WORK TO COMPLETE:
Please write out exactly the lines of the data below from the line holding "of_dir of_chr of_blk of_socket : Body" through the line holding "body_text of_chr sb = tail_text chr sb []", and leave out the rest.

╭─ SUPPLIED MATERIAL

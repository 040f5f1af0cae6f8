-- ===== src/Backup/RoundTrip.antt =====
-- The line of a file in the index, as backup_dir() writes it and as do_restore() reads it.
use hbackup.Prelude.{
  ℕ, ◌/◌, ◌%◌, ◌<◌, ◌≡◌, refl, sym, ap, ◌∙◌, [], ◌∷◌, ◌++◌, List, append_assoc, append-nil,
  AreBytes, true, Bytes, codes, bytes_eq, if◌then◌else◌, ltb, Bool-cases, inl, inr, arith,
}
use hbackup.Utils.Url.{urlencode, url_char, must_escape}
use hbackup.Utils.Url.Laws.{urlencode-cons, urlencode-nil}
use hbackup.Utils.Index.Laws.{render, render_field}
use hbackup.Numbers.{decimal, octal, is_digit}
use hbackup.Numbers.RoundTrip.{Digits, decimal-Digits, octal-Digits}
use hbackup.Clean.Command.{hash_name}
use hbackup.Utils.Hex.{hexencode, hex_char}
use hbackup.Utils.Hex.Laws.{hexencode-cons, hexencode-nil}
use native.Mathlib.Nat.{mod-eq_of_lt}
use hbackup.Restore.{link, dir, chr, blk, socket}
use hbackup.Backup.{Stat, decimal_int, head_text, tail_text, data_text, hash_text, end_text}

-- Digits are written as they are.
urlencode-Digits : (base : ℕ) (s : Bytes) → base < 11 → Digits base s → urlencode s ≡ s
unfolding url_char must_escape
urlencode-Digits base [] h d = urlencode-nil
urlencode-Digits base (c ∷ s) h (dc, ds) =
    rw (urlencode-cons, plain c dc, urlencode-Digits base s h ds) refl
  where
    plain : (c : ℕ) → is_digit base c ≡ true → url_char c ≡ c ∷ []
    plain c e = ground arith

pub Digits-AreBytes : (base : ℕ) (s : Bytes) → base < 11 → Digits base s → AreBytes s
Digits-AreBytes base [] h d = tt
Digits-AreBytes base (c ∷ s) h (dc, ds) = (ground arith, Digits-AreBytes base s h ds)

-- Fields behind the first.
unfoldable pub more_fields : List (Bytes × Bytes) → Bytes
unfolding render_field
more_fields [] = []
more_fields (f ∷ fs) = b'&' ∷ (render_field f ++ more_fields fs)

pub render-more_fields :
    (f : Bytes × Bytes) (fs : List (Bytes × Bytes)) → render f fs ≡ render_field f ++ more_fields fs
unfolding render more_fields
render-more_fields f [] = sym (append-nil (render_field f))
render-more_fields f (g ∷ fs) = ap (λ t. render_field f ++ b'&' ∷ t) (render-more_fields g fs)

pub more_fields-append :
    (fs gs : List (Bytes × Bytes)) → more_fields (fs ++ gs) ≡ more_fields fs ++ more_fields gs
unfolding more_fields
more_fields-append [] gs = refl
more_fields-append (f ∷ fs) gs =
    ap (λ t. b'&' ∷ t)
      (ap (λ t. render_field f ++ t) (more_fields-append fs gs)
        ∙ sym (append_assoc (render_field f) (more_fields fs) (more_fields gs)))

abbrev pub generic_fields : Stat → Bytes → Bytes → List (Bytes × Bytes)
generic_fields sb user group =
    (codes "perms", octal (sb.mode % 4096))
    ∷ (codes "uid", user)
    ∷ (codes "gid", group)
    ∷ (codes "atime", decimal sb.atime)
    ∷ (codes "ctime", decimal sb.ctime)
    ∷ (codes "mtime", decimal sb.mtime)
    ∷ []

urlencode-decimal : (n : ℕ) → urlencode (decimal n) ≡ decimal n
urlencode-decimal n = urlencode-Digits 10 (decimal n) (omega arith) (decimal-Digits n)

urlencode-octal : (n : ℕ) → urlencode (octal n) ≡ octal n
urlencode-octal n = urlencode-Digits 8 (octal n) (omega arith) (octal-Digits n)

pub head_text-fields :
    (relname user group : Bytes) (sb : Stat)
    → head_text relname sb user group
      ≡ render_field (codes "name", relname) ++ more_fields (generic_fields sb user group)
unfolding head_text more_fields render_field
head_text-fields relname user group sb =
    rw
      (
        urlencode-octal (sb.mode % 4096),
        urlencode-decimal sb.atime,
        urlencode-decimal sb.ctime,
        urlencode-decimal sb.mtime,
        append-nil (decimal sb.mtime),
      )
      refl

-- What a line says of its file behind the generic details.
pub data Body : Type 0 where
  of_dir of_chr of_blk of_socket : Body
  of_link : (target : Bytes) → Body
  of_data : (buffer : Bytes) → Body
  of_hash : (h : Bytes) → Body

unfoldable pub body_text : Body → Stat → Bytes
unfolding tail_text data_text hash_text end_text
body_text of_dir sb = tail_text dir sb []
body_text of_chr sb = tail_text chr sb []
body_text of_blk sb = tail_text blk sb []
body_text of_socket sb = tail_text socket sb []
body_text (of_link target) sb = tail_text link sb target
body_text (of_data buffer) sb = data_text buffer ++ end_text sb
body_text (of_hash h) sb = hash_text h ++ end_text sb

-- Its fields.
abbrev pub inode_fields : Stat → List (Bytes × Bytes)
inode_fields sb = if ltb 1 sb.nlink then (codes "inode", decimal sb.ino) ∷ [] else []

abbrev pub body_fields : Body → Stat → List (Bytes × Bytes)
body_fields of_dir sb = (codes "type", codes "dir") ∷ []
body_fields of_chr sb = (codes "rdev", decimal sb.rdev) ∷ (codes "type", codes "chr") ∷ []
body_fields of_blk sb = (codes "rdev", decimal sb.rdev) ∷ (codes "type", codes "blk") ∷ []
body_fields of_socket sb = (codes "type", codes "socket") ∷ []
body_fields (of_link target) sb = (codes "target", target) ∷ (codes "type", codes "link") ∷ []
body_fields (of_data buffer) sb = (codes "data", buffer) ∷ inode_fields sb
body_fields (of_hash h) sb = (hash_name, hexencode h) ∷ inode_fields sb

decimal_int-small : (n : ℕ) → n < 2147483648 → decimal_int n ≡ decimal n
unfolding decimal_int
decimal_int-small n h =
    let e : n % 4294967296 ≡ n = mod-eq_of_lt (omega arith) in rw e (ground arith)

url_char-hex_char : (d : ℕ) → d < 16 → url_char (hex_char d) ≡ hex_char d ∷ []
unfolding url_char must_escape hex_char
url_char-hex_char d h = ground arith

urlencode-hexencode : (h : Bytes) → AreBytes h → urlencode (hexencode h) ≡ hexencode h
urlencode-hexencode [] b = rw hexencode-nil urlencode-nil
urlencode-hexencode (c ∷ h) (bc, b) =
    rw
      (
        hexencode-cons c h,
        urlencode-cons,
        urlencode-cons,
        url_char-hex_char (c / 16) (omega arith),
        url_char-hex_char (c % 16) (omega arith),
        urlencode-hexencode h b,
      )
      refl

end_text-fields : (sb : Stat) → end_text sb ≡ more_fields (inode_fields sb) ++ codes "\n"
unfolding end_text more_fields render_field urlencode
end_text-fields sb = elim (Bool-cases (ltb 1 sb.nlink)) [
  | inl e ↦ rw (e, urlencode-decimal sb.ino, append-nil (decimal sb.ino)) refl
  | inr e ↦ rw e refl
]

-- The bytes of a body.
abbrev pub BodyIsBytes : Body → Type 0
BodyIsBytes (of_link target) = AreBytes target
BodyIsBytes (of_data buffer) = AreBytes buffer
BodyIsBytes (of_hash h) = AreBytes h
BodyIsBytes _ = Unit {0}

pub body_text-fields :
    (b : Body) (sb : Stat)
    → BodyIsBytes b
    → sb.rdev < 2147483648
    → body_text b sb ≡ more_fields (body_fields b sb) ++ codes "\n"
unfolding body_text tail_text data_text hash_text more_fields render_field
body_text-fields of_dir sb v small = refl
body_text-fields of_chr sb v small =
    rw (decimal_int-small sb.rdev small, urlencode-decimal sb.rdev)
      (ap (λ t. codes "&rdev=" ++ t)
        (sym (append_assoc (decimal sb.rdev) (codes "&type=chr") (codes "\n"))))
body_text-fields of_blk sb v small =
    rw (decimal_int-small sb.rdev small, urlencode-decimal sb.rdev)
      (ap (λ t. codes "&rdev=" ++ t)
        (sym (append_assoc (decimal sb.rdev) (codes "&type=blk") (codes "\n"))))
body_text-fields of_socket sb v small = refl
body_text-fields (of_link target) sb v small =
    ap (λ t. codes "&target=" ++ t)
      (sym (append_assoc (urlencode target) (codes "&type=link") (codes "\n")))
body_text-fields (of_data buffer) sb v small = rw (end_text-fields sb) (
    ap (λ t. codes "&data=" ++ t)
      (sym (append_assoc (urlencode buffer) (more_fields (inode_fields sb)) (codes "\n"))))
body_text-fields (of_hash h) sb v small =
    rw (urlencode-hexencode h v, end_text-fields sb)
      (ap (λ t. codes "&sha1=" ++ t)
        (sym (append_assoc (hexencode h) (more_fields (inode_fields sb)) (codes "\n"))))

╰─

TASK OUTPUT:
  of_dir of_chr of_blk of_socket : Body
  of_link : (target : Bytes) → Body
  of_data : (buffer : Bytes) → Body
  of_hash : (h : Bytes) → Body

unfoldable pub body_text : Body → Stat → Bytes
unfolding tail_text data_text hash_text end_text
body_text of_dir sb = tail_text dir sb []
body_text of_chr sb = tail_text chr sb []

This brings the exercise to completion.